» **Problem requirements**:
Print out each record, keeping it identical to the original.

-- Recorded information follows --

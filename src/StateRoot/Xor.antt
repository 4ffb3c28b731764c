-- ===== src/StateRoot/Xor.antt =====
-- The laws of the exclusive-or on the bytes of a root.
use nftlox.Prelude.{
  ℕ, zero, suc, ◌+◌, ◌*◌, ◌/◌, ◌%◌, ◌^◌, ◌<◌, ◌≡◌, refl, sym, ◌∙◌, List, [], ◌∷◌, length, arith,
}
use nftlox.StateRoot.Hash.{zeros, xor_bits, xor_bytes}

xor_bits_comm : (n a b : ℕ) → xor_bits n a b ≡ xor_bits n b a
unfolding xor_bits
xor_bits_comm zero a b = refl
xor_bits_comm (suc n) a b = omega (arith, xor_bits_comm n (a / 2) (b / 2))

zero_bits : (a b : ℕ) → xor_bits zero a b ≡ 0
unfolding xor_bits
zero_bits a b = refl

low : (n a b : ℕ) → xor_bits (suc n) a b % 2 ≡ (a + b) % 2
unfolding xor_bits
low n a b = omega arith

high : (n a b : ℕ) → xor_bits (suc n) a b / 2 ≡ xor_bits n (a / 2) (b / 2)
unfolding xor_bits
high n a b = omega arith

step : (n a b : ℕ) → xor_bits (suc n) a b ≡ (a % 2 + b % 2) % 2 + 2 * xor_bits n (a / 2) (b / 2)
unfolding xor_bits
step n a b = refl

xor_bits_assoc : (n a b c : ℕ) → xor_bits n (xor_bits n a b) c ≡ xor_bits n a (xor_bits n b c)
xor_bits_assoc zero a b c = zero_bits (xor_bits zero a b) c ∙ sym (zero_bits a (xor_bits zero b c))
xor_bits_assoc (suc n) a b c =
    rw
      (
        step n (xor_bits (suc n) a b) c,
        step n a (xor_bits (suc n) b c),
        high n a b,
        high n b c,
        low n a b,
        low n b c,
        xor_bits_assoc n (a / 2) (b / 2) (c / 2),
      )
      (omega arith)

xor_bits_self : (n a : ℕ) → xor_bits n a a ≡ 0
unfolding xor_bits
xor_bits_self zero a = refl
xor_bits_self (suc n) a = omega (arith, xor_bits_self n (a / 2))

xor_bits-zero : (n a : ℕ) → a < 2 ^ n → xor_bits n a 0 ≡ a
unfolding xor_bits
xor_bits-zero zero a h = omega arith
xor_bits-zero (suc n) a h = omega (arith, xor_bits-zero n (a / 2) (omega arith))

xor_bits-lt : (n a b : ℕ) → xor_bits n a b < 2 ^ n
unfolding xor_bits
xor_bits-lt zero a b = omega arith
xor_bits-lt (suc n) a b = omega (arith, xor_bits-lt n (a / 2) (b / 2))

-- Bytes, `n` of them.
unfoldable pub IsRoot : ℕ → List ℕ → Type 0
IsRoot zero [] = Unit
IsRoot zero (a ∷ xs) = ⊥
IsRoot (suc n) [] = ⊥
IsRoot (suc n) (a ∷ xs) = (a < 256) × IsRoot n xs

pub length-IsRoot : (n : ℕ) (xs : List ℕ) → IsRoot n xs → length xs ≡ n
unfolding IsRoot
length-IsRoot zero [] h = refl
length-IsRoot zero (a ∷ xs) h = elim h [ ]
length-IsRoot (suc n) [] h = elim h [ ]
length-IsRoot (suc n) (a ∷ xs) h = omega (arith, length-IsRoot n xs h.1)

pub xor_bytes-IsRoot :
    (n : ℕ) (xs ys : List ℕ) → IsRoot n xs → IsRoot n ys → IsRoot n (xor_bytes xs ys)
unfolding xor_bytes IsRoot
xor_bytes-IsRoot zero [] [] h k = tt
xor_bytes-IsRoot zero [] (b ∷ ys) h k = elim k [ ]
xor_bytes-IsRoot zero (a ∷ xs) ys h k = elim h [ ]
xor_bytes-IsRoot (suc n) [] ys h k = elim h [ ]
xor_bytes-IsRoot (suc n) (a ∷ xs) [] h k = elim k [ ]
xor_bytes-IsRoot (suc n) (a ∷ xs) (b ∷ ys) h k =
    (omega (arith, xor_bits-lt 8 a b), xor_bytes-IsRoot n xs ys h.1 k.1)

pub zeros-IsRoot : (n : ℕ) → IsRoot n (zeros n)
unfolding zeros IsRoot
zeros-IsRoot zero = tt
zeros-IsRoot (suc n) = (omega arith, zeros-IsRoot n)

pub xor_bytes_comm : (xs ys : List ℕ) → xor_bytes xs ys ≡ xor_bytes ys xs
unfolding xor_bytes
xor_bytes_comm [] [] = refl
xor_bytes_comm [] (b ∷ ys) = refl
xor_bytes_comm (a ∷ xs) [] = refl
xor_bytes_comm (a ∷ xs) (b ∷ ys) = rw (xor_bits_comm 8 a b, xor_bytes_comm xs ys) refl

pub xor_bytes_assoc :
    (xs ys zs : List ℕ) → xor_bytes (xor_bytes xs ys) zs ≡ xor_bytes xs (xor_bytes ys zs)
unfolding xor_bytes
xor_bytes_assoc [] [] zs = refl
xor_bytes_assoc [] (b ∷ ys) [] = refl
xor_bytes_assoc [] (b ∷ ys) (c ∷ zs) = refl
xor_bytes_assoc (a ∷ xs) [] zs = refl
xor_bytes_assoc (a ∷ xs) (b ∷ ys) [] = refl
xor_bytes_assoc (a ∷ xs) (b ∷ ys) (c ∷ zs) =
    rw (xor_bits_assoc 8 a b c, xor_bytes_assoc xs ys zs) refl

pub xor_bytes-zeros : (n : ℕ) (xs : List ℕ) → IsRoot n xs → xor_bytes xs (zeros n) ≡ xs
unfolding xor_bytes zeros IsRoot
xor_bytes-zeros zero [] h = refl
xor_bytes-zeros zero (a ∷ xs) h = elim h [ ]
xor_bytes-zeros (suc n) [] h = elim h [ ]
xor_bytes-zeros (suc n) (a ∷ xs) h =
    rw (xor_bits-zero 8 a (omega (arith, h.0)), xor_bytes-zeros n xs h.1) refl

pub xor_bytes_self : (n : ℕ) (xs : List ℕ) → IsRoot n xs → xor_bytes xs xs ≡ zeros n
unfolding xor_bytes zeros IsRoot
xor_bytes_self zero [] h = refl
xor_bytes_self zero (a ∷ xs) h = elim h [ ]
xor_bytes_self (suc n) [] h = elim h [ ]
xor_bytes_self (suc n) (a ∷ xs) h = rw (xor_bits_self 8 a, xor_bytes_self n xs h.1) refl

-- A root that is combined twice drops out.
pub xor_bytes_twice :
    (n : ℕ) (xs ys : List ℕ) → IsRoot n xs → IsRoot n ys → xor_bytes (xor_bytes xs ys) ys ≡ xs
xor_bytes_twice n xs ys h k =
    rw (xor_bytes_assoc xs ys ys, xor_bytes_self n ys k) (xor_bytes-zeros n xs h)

-- Recorded information concluded --

» **Answer space**:
filename src/StateRoot/Xor.antt
repository 4ffb3c28b731764c
-- ===== src/StateRoot/Xor.antt =====
-- The laws of the exclusive-or on the bytes of a root.
use nftlox.Prelude.{
  ℕ, zero, suc, ◌+◌, ◌*◌, ◌/◌, ◌%◌, ◌^◌, ◌<◌, ◌≡◌, refl, sym, ◌∙◌, List, [], ◌∷◌, length, arith,
}
use nftlox.StateRoot.Hash.{zeros, xor_bits, xor_bytes}

xor_bits_comm : (n a b : ℕ) → xor_bits n a b ≡ xor_bits n b a
unfolding xor_bits
xor_bits_comm zero a b = refl
xor_bits_comm (suc n) a b = omega (arith, xor_bits_comm n (a / 2) (b / 2))

zero_bits : (a b : ℕ) → xor_bits zero a b ≡ 0
unfolding xor_bits
zero_bits a b = refl

low : (n a b : ℕ) → xor_bits (suc n) a b % 2 ≡ (a + b) % 2
unfolding xor_bits
low n a b = omega arith

high : (n a b : ℕ) → xor_bits (suc n) a b / 2 ≡ xor_bits n (a / 2) (b / 2)
unfolding xor_bits
high n a b = omega arith

step : (n a b : ℕ) → xor_bits (suc n) a b ≡ (a % 2 + b % 2) % 2 + 2 * xor_bits n (a / 2) (b / 2)
unfolding xor_bits
step n a b = refl

xor_bits_assoc : (n a b c : ℕ) → xor_bits n (xor_bits n a b) c ≡ xor_bits n a (xor_bits n b c)
xor_bits_assoc zero a b c = zero_bits (xor_bits zero a b) c ∙ sym (zero_bits a (xor_bits zero b c))
xor_bits_assoc (suc n) a b c =
    rw
      (
        step n (xor_bits (suc n) a b) c,
        step n a (xor_bits (suc n) b c),
        high n a b,
        high n b c,
        low n a b,
        low n b c,
        xor_bits_assoc n (a / 2) (b / 2) (c / 2),
      )
      (omega arith)

xor_bits_self : (n a : ℕ) → xor_bits n a a ≡ 0
unfolding xor_bits
xor_bits_self zero a = refl
xor_bits_self (suc n) a = omega (arith, xor_bits_self n (a / 2))

xor_bits-zero : (n a : ℕ) → a < 2 ^ n → xor_bits n a 0 ≡ a
unfolding xor_bits
xor_bits-zero zero a h = omega arith
xor_bits-zero (suc n) a h = omega (arith, xor_bits-zero n (a / 2) (omega arith))

xor_bits-lt : (n a b : ℕ) → xor_bits n a b < 2 ^ n
unfolding xor_bits
xor_bits-lt zero a b = omega arith
xor_bits-lt (suc n) a b = omega (arith, xor_bits-lt n (a / 2) (b / 2))

-- Bytes, `n` of them.
unfoldable pub IsRoot : ℕ → List ℕ → Type 0
IsRoot zero [] = Unit
IsRoot zero (a ∷ xs) = ⊥
IsRoot (suc n) [] = ⊥
IsRoot (suc n) (a ∷ xs) = (a < 256) × IsRoot n xs

pub length-IsRoot : (n : ℕ) (xs : List ℕ) → IsRoot n xs → length xs ≡ n
unfolding IsRoot
length-IsRoot zero [] h = refl
length-IsRoot zero (a ∷ xs) h = elim h [ ]
length-IsRoot (suc n) [] h = elim h [ ]
length-IsRoot (suc n) (a ∷ xs) h = omega (arith, length-IsRoot n xs h.1)

pub xor_bytes-IsRoot :
    (n : ℕ) (xs ys : List ℕ) → IsRoot n xs → IsRoot n ys → IsRoot n (xor_bytes xs ys)
unfolding xor_bytes IsRoot
xor_bytes-IsRoot zero [] [] h k = tt
xor_bytes-IsRoot zero [] (b ∷ ys) h k = elim k [ ]
xor_bytes-IsRoot zero (a ∷ xs) ys h k = elim h [ ]
xor_bytes-IsRoot (suc n) [] ys h k = elim h [ ]
xor_bytes-IsRoot (suc n) (a ∷ xs) [] h k = elim k [ ]
xor_bytes-IsRoot (suc n) (a ∷ xs) (b ∷ ys) h k =
    (omega (arith, xor_bits-lt 8 a b), xor_bytes-IsRoot n xs ys h.1 k.1)

pub zeros-IsRoot : (n : ℕ) → IsRoot n (zeros n)
unfolding zeros IsRoot
zeros-IsRoot zero = tt
zeros-IsRoot (suc n) = (omega arith, zeros-IsRoot n)

pub xor_bytes_comm : (xs ys : List ℕ) → xor_bytes xs ys ≡ xor_bytes ys xs
unfolding xor_bytes
xor_bytes_comm [] [] = refl
xor_bytes_comm [] (b ∷ ys) = refl
xor_bytes_comm (a ∷ xs) [] = refl
xor_bytes_comm (a ∷ xs) (b ∷ ys) = rw (xor_bits_comm 8 a b, xor_bytes_comm xs ys) refl

pub xor_bytes_assoc :
    (xs ys zs : List ℕ) → xor_bytes (xor_bytes xs ys) zs ≡ xor_bytes xs (xor_bytes ys zs)
unfolding xor_bytes
xor_bytes_assoc [] [] zs = refl
xor_bytes_assoc [] (b ∷ ys) [] = refl
xor_bytes_assoc [] (b ∷ ys) (c ∷ zs) = refl
xor_bytes_assoc (a ∷ xs) [] zs = refl
xor_bytes_assoc (a ∷ xs) (b ∷ ys) [] = refl
xor_bytes_assoc (a ∷ xs) (b ∷ ys) (c ∷ zs) =
    rw (xor_bits_assoc 8 a b c, xor_bytes_assoc xs ys zs) refl

pub xor_bytes-zeros : (n : ℕ) (xs : List ℕ) → IsRoot n xs → xor_bytes xs (zeros n) ≡ xs
unfolding xor_bytes zeros IsRoot
xor_bytes-zeros zero [] h = refl
xor_bytes-zeros zero (a ∷ xs) h = elim h [ ]
xor_bytes-zeros (suc n) [] h = elim h [ ]
xor_bytes-zeros (suc n) (a ∷ xs) h =
    rw (xor_bits-zero 8 a (omega (arith, h.0)), xor_bytes-zeros n xs h.1) refl

pub xor_bytes_self : (n : ℕ) (xs : List ℕ) → IsRoot n xs → xor_bytes xs xs ≡ zeros n
unfolding xor_bytes zeros IsRoot
xor_bytes_self zero [] h = refl
xor_bytes_self zero (a ∷ xs) h = elim h [ ]
xor_bytes_self (suc n) [] h = elim h [ ]
xor_bytes_self (suc n) (a ∷ xs) h = rw (xor_bits_self 8 a, xor_bytes_self n xs h.1) refl

-- A root that is combined twice drops out.
pub xor_bytes_twice :
    (n : ℕ) (xs ys : List ℕ) → IsRoot n xs → IsRoot n ys → xor_bytes (xor_bytes xs ys) ys ≡ xs
xor_bytes_twice n xs ys h k =
    rw (xor_bytes_assoc xs ys ys, xor_bytes_self n ys k) (xor_bytes-zeros n xs h)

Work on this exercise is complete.